[Extracted records]

########################################

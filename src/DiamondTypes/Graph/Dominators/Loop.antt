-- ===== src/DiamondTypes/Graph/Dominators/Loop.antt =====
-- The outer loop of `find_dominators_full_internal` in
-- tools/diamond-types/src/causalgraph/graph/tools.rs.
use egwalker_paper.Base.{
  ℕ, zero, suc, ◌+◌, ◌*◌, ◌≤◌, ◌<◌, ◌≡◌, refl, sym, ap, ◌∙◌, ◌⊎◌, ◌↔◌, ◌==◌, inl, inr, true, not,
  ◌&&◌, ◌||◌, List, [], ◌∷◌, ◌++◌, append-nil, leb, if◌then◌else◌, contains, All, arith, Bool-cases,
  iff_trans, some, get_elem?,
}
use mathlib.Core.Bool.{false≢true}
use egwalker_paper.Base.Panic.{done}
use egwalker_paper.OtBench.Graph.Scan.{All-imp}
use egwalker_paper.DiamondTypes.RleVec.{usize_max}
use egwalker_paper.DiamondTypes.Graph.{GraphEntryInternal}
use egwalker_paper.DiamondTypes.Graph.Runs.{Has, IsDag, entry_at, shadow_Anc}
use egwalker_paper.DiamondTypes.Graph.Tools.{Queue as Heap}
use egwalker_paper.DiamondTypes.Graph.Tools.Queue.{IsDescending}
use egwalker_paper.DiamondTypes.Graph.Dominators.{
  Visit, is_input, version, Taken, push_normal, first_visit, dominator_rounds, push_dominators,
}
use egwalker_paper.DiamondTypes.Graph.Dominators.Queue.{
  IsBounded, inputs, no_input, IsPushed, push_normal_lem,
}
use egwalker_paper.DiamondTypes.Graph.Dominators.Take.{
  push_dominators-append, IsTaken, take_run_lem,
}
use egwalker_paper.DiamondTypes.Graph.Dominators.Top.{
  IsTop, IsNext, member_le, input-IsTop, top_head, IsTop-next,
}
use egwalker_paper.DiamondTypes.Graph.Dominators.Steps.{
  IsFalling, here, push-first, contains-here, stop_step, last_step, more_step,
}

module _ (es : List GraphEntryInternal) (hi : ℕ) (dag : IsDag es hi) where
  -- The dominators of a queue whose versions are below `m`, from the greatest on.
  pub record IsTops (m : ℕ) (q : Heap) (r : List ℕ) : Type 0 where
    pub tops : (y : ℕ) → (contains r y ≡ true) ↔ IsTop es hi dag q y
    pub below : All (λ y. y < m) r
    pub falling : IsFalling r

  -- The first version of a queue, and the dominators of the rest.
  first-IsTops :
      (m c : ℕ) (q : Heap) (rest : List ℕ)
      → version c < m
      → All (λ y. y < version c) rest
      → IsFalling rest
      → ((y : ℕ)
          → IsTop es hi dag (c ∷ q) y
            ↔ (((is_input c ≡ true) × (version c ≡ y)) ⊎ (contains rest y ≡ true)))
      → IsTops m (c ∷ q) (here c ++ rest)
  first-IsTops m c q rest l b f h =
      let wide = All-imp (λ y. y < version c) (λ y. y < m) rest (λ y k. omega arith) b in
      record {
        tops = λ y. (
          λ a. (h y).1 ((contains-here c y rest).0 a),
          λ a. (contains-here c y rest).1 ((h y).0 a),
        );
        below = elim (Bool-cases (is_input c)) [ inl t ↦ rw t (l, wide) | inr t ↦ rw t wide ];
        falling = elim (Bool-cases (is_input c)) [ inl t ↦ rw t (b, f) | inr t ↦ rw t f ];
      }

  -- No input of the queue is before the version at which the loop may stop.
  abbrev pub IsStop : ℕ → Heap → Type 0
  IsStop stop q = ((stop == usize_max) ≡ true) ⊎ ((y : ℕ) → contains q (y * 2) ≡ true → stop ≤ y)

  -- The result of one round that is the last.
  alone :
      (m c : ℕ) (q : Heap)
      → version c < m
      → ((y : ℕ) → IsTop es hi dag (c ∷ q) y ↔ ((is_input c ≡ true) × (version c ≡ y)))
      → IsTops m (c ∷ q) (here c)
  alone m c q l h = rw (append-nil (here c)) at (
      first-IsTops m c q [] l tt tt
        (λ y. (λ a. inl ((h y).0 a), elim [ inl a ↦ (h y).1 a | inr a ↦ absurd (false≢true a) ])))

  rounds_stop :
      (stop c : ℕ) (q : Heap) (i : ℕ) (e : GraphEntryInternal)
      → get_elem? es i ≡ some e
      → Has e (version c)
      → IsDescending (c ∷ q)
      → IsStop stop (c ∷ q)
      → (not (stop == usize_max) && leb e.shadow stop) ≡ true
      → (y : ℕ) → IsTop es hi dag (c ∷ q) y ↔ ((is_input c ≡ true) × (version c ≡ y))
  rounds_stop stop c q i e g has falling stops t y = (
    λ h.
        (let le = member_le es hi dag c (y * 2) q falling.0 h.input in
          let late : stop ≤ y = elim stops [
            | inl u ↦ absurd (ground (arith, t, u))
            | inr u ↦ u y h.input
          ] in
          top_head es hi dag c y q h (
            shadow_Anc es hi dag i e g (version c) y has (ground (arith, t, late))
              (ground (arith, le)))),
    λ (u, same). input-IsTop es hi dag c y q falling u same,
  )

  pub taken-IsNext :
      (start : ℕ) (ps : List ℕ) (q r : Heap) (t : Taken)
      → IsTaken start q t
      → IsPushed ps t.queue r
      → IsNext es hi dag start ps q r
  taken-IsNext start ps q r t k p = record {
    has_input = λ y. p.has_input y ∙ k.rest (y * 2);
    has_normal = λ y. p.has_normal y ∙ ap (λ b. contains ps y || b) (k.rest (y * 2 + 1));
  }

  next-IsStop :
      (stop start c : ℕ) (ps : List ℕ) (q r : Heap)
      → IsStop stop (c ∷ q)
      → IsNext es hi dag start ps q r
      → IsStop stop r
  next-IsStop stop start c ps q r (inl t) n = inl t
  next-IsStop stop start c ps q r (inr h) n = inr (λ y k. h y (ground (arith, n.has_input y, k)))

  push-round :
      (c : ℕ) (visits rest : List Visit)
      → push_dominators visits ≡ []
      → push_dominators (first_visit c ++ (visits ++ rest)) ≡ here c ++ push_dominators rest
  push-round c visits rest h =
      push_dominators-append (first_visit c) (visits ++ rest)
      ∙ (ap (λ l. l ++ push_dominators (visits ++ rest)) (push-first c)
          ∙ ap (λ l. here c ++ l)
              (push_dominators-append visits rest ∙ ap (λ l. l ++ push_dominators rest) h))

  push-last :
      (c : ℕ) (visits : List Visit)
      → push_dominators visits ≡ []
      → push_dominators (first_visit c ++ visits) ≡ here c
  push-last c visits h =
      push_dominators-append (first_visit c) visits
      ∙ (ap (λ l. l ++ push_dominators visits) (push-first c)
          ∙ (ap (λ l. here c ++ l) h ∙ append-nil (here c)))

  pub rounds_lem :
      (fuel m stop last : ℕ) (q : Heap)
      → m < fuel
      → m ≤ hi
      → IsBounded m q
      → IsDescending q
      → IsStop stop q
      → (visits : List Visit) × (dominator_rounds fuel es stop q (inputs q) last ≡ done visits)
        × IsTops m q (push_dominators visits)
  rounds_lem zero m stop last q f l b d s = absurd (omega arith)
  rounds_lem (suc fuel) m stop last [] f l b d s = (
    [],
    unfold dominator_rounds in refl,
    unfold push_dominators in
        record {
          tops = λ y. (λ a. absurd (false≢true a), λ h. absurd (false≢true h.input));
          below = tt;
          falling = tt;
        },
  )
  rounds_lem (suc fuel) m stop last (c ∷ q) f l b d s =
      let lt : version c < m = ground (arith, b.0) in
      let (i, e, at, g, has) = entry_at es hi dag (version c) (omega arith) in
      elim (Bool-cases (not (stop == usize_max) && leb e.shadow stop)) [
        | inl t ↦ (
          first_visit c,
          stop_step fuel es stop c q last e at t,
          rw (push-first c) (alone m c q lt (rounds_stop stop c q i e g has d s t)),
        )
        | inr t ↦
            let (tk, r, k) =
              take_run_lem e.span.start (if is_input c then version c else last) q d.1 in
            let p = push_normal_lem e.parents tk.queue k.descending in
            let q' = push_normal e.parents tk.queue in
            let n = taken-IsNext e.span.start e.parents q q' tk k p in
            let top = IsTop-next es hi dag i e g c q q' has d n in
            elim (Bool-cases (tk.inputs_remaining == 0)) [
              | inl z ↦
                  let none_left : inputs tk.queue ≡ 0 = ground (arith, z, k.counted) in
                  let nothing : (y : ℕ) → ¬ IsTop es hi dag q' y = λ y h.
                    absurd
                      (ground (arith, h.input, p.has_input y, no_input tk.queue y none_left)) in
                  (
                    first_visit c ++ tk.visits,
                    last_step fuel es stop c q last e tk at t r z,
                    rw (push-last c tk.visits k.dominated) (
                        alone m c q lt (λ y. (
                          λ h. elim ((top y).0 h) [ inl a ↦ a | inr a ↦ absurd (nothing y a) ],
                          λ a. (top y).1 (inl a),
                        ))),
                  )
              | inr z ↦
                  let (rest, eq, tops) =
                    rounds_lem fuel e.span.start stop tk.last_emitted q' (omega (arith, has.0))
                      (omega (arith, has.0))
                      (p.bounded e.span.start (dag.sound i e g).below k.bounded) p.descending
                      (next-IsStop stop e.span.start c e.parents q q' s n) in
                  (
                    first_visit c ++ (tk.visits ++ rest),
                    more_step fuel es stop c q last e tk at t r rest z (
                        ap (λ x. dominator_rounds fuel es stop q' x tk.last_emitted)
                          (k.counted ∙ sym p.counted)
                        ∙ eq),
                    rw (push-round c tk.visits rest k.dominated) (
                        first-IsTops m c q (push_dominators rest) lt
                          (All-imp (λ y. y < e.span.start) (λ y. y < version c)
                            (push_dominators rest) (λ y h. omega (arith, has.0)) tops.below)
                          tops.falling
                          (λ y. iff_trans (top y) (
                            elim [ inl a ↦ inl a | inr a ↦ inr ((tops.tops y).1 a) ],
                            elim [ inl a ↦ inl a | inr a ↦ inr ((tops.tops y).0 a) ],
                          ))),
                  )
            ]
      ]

########################################

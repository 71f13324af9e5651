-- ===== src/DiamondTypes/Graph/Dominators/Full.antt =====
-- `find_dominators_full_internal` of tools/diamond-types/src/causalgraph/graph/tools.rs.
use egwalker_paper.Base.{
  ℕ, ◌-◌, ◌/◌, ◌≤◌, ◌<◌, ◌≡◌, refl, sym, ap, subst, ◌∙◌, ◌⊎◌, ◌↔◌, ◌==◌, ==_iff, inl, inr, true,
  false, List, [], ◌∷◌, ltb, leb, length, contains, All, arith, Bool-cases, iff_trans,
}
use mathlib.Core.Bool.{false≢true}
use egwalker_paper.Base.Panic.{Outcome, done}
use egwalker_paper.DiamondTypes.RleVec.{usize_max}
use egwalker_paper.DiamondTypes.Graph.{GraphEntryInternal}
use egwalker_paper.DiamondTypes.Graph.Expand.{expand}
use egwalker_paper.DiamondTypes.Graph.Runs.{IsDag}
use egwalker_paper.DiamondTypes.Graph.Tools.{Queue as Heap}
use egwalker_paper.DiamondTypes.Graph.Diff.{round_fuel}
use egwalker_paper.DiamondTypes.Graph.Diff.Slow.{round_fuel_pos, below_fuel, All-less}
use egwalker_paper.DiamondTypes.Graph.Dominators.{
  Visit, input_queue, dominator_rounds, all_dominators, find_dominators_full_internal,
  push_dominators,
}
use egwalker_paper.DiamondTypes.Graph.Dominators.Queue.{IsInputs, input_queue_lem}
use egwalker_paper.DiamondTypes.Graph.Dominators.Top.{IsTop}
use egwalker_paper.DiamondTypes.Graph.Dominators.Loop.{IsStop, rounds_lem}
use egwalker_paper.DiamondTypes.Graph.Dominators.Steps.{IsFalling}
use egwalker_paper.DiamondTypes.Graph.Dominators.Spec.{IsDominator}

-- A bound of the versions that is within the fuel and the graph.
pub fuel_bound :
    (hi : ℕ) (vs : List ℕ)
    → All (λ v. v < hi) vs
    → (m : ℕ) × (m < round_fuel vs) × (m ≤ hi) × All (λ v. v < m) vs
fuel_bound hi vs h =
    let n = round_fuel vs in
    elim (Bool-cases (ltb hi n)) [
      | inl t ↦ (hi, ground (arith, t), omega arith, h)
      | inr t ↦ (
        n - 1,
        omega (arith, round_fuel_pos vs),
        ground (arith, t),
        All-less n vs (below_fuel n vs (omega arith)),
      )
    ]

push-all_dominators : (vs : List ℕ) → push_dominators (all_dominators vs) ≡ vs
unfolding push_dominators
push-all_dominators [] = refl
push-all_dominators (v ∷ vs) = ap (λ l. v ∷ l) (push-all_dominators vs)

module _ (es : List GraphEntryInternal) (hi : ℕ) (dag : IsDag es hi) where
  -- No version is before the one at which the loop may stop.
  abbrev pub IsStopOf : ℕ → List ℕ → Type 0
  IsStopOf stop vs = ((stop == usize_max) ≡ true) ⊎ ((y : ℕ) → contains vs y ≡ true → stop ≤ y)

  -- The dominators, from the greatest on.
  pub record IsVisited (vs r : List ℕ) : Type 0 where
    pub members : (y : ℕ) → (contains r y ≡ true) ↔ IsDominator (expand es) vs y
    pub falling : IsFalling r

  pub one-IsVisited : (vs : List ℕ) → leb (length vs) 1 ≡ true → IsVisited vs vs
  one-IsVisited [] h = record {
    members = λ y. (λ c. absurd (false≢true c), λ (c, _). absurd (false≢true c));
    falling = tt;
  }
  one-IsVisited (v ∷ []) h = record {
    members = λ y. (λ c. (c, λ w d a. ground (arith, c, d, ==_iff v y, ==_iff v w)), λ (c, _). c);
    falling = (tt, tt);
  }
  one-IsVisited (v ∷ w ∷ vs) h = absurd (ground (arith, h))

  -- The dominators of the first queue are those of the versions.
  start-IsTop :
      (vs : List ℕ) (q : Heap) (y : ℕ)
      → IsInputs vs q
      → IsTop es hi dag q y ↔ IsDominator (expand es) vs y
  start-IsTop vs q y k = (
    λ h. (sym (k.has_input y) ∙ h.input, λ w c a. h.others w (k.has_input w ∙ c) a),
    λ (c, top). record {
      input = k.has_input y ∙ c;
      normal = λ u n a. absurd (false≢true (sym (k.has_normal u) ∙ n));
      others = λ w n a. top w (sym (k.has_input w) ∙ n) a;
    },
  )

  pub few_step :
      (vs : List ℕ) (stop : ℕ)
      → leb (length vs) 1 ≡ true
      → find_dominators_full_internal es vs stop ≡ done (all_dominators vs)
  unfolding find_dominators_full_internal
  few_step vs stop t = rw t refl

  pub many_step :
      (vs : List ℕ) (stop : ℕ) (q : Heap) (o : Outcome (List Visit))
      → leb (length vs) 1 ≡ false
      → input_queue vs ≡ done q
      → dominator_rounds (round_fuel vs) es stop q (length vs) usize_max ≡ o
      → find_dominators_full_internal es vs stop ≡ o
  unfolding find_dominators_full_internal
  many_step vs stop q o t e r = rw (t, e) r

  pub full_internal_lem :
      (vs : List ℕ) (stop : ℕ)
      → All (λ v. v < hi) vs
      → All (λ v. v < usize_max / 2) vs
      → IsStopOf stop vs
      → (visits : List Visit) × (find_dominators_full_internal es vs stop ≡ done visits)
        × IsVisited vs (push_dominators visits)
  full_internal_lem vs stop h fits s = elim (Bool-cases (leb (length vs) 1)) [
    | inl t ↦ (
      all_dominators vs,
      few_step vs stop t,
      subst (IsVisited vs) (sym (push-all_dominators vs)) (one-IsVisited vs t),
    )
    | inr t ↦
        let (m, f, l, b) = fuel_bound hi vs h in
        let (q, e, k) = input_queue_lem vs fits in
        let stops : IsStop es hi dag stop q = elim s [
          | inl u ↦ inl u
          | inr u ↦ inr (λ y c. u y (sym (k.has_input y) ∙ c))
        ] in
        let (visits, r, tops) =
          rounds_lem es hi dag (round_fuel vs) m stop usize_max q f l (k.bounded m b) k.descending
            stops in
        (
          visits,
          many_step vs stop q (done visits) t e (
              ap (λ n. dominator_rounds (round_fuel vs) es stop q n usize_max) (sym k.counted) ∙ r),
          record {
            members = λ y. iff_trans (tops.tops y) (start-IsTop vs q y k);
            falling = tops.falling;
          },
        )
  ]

########################################

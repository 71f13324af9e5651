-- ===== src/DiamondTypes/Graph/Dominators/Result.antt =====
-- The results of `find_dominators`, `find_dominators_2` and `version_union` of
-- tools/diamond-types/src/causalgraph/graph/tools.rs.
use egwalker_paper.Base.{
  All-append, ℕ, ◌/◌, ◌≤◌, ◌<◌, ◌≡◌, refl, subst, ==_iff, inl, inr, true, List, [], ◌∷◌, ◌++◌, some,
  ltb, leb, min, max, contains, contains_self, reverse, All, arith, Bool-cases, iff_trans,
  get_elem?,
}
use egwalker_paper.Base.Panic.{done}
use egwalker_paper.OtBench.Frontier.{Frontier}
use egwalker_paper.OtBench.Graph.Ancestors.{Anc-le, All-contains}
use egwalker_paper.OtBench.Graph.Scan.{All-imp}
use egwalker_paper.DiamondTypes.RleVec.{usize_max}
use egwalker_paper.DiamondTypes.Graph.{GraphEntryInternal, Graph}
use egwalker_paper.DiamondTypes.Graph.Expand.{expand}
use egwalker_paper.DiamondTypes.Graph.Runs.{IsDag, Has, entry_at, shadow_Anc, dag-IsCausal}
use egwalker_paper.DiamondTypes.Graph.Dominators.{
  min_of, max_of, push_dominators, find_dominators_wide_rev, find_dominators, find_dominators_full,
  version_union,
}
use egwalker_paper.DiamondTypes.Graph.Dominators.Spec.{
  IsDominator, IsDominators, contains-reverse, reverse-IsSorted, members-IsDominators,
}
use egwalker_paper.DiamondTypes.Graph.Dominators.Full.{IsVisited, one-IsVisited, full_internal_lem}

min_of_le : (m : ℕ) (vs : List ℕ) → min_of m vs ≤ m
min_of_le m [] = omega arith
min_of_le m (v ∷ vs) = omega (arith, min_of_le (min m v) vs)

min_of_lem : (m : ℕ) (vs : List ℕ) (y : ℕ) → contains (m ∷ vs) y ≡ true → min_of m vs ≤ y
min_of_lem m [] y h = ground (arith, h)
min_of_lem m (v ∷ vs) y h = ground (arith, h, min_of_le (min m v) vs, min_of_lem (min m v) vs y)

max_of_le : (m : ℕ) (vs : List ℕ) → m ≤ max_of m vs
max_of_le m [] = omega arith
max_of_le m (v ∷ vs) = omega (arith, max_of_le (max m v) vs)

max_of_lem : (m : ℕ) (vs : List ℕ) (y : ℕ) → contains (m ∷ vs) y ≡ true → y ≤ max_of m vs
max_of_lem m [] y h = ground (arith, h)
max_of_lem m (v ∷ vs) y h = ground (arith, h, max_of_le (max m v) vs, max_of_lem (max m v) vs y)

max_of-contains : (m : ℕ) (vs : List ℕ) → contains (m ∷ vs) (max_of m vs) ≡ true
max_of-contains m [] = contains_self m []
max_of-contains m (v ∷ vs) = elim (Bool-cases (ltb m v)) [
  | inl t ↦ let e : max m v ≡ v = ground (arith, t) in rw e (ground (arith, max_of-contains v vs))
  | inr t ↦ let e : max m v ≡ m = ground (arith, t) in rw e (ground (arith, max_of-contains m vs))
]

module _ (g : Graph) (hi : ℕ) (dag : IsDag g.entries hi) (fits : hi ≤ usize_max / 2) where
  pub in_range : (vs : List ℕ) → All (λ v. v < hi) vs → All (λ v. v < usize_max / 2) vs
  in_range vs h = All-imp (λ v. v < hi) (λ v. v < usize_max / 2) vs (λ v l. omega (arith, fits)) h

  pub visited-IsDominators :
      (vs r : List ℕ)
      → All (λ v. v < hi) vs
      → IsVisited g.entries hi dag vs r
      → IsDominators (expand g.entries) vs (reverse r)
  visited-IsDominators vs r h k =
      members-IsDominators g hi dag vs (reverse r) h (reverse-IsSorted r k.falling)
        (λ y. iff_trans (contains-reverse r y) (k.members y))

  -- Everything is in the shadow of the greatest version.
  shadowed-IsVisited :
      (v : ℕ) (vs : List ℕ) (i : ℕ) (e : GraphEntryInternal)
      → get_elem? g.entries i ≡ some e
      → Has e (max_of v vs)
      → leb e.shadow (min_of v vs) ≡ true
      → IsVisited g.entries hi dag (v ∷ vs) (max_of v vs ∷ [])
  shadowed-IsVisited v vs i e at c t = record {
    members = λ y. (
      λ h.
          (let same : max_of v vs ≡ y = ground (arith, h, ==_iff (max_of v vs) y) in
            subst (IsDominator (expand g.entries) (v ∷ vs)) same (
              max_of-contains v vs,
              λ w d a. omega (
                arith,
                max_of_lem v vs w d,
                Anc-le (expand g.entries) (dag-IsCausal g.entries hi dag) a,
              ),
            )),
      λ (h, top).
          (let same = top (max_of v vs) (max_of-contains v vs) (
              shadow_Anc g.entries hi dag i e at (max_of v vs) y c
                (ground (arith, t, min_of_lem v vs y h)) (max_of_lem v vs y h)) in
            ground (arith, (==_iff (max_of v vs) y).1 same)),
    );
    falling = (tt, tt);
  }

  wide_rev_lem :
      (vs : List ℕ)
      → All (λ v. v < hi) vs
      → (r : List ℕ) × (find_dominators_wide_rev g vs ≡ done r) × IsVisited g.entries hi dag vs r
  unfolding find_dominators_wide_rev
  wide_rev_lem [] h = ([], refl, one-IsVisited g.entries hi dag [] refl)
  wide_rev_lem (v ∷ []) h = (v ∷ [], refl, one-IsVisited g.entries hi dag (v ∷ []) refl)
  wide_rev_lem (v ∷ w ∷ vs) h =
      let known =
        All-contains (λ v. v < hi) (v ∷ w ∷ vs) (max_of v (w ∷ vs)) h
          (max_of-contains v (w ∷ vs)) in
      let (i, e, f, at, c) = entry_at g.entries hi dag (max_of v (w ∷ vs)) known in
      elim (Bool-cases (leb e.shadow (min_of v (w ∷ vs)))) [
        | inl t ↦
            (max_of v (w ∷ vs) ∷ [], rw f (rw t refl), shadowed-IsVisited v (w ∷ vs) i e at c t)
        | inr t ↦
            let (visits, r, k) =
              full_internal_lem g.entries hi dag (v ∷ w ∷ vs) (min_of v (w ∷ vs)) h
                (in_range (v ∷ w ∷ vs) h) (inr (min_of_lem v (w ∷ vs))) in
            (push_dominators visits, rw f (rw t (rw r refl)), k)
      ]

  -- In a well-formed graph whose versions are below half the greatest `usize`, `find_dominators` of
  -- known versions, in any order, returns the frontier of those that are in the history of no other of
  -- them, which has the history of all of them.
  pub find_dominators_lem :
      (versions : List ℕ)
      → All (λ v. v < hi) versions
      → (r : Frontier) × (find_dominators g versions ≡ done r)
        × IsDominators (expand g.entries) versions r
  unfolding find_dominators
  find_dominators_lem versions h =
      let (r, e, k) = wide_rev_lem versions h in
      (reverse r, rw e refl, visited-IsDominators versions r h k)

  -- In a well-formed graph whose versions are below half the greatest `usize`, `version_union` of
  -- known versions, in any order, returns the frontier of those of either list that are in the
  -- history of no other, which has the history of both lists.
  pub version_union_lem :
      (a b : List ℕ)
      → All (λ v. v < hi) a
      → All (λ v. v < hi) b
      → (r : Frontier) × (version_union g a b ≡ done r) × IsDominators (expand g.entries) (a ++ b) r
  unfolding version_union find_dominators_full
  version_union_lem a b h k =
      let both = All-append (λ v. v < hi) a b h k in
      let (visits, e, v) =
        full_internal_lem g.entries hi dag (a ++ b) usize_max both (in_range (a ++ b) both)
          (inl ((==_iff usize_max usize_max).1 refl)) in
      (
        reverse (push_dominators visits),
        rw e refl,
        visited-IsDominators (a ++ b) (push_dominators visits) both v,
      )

########################################

**PROBLEM TO SOLVE**
Taking the entries above, restate exactly those lines that fall between the line with "q) (here c)" and the line with "taken-IsNext start ps", keeping both of those lines too.

**EXERCISE OUTPUT**
      → IsTops m (c ∷ q) (here c)
  alone m c q l h = rw (append-nil (here c)) at (
      first-IsTops m c q [] l tt tt
        (λ y. (λ a. inl ((h y).0 a), elim [ inl a ↦ (h y).1 a | inr a ↦ absurd (false≢true a) ])))

  rounds_stop :
      (stop c : ℕ) (q : Heap) (i : ℕ) (e : GraphEntryInternal)
      → get_elem? es i ≡ some e
      → Has e (version c)
      → IsDescending (c ∷ q)
      → IsStop stop (c ∷ q)
      → (not (stop == usize_max) && leb e.shadow stop) ≡ true
      → (y : ℕ) → IsTop es hi dag (c ∷ q) y ↔ ((is_input c ≡ true) × (version c ≡ y))
  rounds_stop stop c q i e g has falling stops t y = (
    λ h.
        (let le = member_le es hi dag c (y * 2) q falling.0 h.input in
          let late : stop ≤ y = elim stops [
            | inl u ↦ absurd (ground (arith, t, u))
            | inr u ↦ u y h.input
          ] in
          top_head es hi dag c y q h (
            shadow_Anc es hi dag i e g (version c) y has (ground (arith, t, late))
              (ground (arith, le)))),
    λ (u, same). input-IsTop es hi dag c y q falling u same,
  )

  pub taken-IsNext :
      (start : ℕ) (ps : List ℕ) (q r : Heap) (t : Taken)
      → IsTaken start q t
      → IsPushed ps t.queue r
      → IsNext es hi dag start ps q r
  taken-IsNext start ps q r t k p = record {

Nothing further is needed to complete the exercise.